- [Exercise aim] After finding the line with "-- ===== src/Pool/Tests.antt" in the entries below, retype exactly each line from there through the line with "commanded _ btc drain_pool 5", including that final line.

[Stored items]
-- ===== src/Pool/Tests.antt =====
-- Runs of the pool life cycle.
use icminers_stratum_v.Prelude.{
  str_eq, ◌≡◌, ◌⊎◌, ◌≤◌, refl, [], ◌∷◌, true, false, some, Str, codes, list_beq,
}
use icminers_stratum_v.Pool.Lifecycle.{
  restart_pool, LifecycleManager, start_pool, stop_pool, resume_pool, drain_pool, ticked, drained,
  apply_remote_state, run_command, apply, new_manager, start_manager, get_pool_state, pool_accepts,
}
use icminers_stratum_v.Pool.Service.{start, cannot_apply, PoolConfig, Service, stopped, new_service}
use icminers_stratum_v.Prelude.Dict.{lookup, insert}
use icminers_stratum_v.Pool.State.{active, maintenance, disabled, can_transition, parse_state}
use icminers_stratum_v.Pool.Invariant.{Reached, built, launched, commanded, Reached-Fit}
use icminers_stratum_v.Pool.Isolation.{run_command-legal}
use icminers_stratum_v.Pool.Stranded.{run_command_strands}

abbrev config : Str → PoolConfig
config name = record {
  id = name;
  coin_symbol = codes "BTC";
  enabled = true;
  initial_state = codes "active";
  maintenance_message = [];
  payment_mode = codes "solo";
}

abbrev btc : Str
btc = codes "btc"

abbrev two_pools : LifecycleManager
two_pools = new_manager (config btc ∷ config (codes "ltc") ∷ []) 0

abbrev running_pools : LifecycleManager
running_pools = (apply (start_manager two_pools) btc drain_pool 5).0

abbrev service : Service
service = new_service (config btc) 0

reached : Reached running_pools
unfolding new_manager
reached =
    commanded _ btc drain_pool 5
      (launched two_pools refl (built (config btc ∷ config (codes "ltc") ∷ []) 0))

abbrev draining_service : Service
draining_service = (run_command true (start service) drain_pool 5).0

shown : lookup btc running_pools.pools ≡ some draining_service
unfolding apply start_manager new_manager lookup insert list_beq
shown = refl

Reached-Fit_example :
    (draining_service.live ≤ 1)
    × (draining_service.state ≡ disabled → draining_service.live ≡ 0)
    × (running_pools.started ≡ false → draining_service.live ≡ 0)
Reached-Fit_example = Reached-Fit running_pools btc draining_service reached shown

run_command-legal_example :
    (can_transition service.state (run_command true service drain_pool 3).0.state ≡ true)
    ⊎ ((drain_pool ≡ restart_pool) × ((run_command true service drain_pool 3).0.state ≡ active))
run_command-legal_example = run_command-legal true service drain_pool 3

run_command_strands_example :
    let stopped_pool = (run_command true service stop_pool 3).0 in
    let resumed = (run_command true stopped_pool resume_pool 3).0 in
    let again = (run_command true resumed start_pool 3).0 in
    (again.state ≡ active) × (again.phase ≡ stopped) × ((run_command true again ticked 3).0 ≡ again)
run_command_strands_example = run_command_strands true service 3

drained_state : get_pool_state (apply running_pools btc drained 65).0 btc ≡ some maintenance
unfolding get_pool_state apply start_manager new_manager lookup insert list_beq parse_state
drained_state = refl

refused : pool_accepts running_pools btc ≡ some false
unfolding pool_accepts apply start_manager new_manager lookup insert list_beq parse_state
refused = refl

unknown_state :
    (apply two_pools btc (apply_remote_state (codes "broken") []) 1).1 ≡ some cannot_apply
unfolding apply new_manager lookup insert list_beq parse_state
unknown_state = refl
==
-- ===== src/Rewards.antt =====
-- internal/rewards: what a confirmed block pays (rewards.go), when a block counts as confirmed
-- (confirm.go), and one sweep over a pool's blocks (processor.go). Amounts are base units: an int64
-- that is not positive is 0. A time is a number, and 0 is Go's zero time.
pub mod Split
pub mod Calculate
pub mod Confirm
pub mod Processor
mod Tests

- [Solution for this problem]
-- ===== src/Pool/Tests.antt =====
-- Runs of the pool life cycle.
use icminers_stratum_v.Prelude.{
  str_eq, ◌≡◌, ◌⊎◌, ◌≤◌, refl, [], ◌∷◌, true, false, some, Str, codes, list_beq,
}
use icminers_stratum_v.Pool.Lifecycle.{
  restart_pool, LifecycleManager, start_pool, stop_pool, resume_pool, drain_pool, ticked, drained,
  apply_remote_state, run_command, apply, new_manager, start_manager, get_pool_state, pool_accepts,
}
use icminers_stratum_v.Pool.Service.{start, cannot_apply, PoolConfig, Service, stopped, new_service}
use icminers_stratum_v.Prelude.Dict.{lookup, insert}
use icminers_stratum_v.Pool.State.{active, maintenance, disabled, can_transition, parse_state}
use icminers_stratum_v.Pool.Invariant.{Reached, built, launched, commanded, Reached-Fit}
use icminers_stratum_v.Pool.Isolation.{run_command-legal}
use icminers_stratum_v.Pool.Stranded.{run_command_strands}

abbrev config : Str → PoolConfig
config name = record {
  id = name;
  coin_symbol = codes "BTC";
  enabled = true;
  initial_state = codes "active";
  maintenance_message = [];
  payment_mode = codes "solo";
}

abbrev btc : Str
btc = codes "btc"

abbrev two_pools : LifecycleManager
two_pools = new_manager (config btc ∷ config (codes "ltc") ∷ []) 0

abbrev running_pools : LifecycleManager
running_pools = (apply (start_manager two_pools) btc drain_pool 5).0

abbrev service : Service
service = new_service (config btc) 0

reached : Reached running_pools
unfolding new_manager
reached =
    commanded _ btc drain_pool 5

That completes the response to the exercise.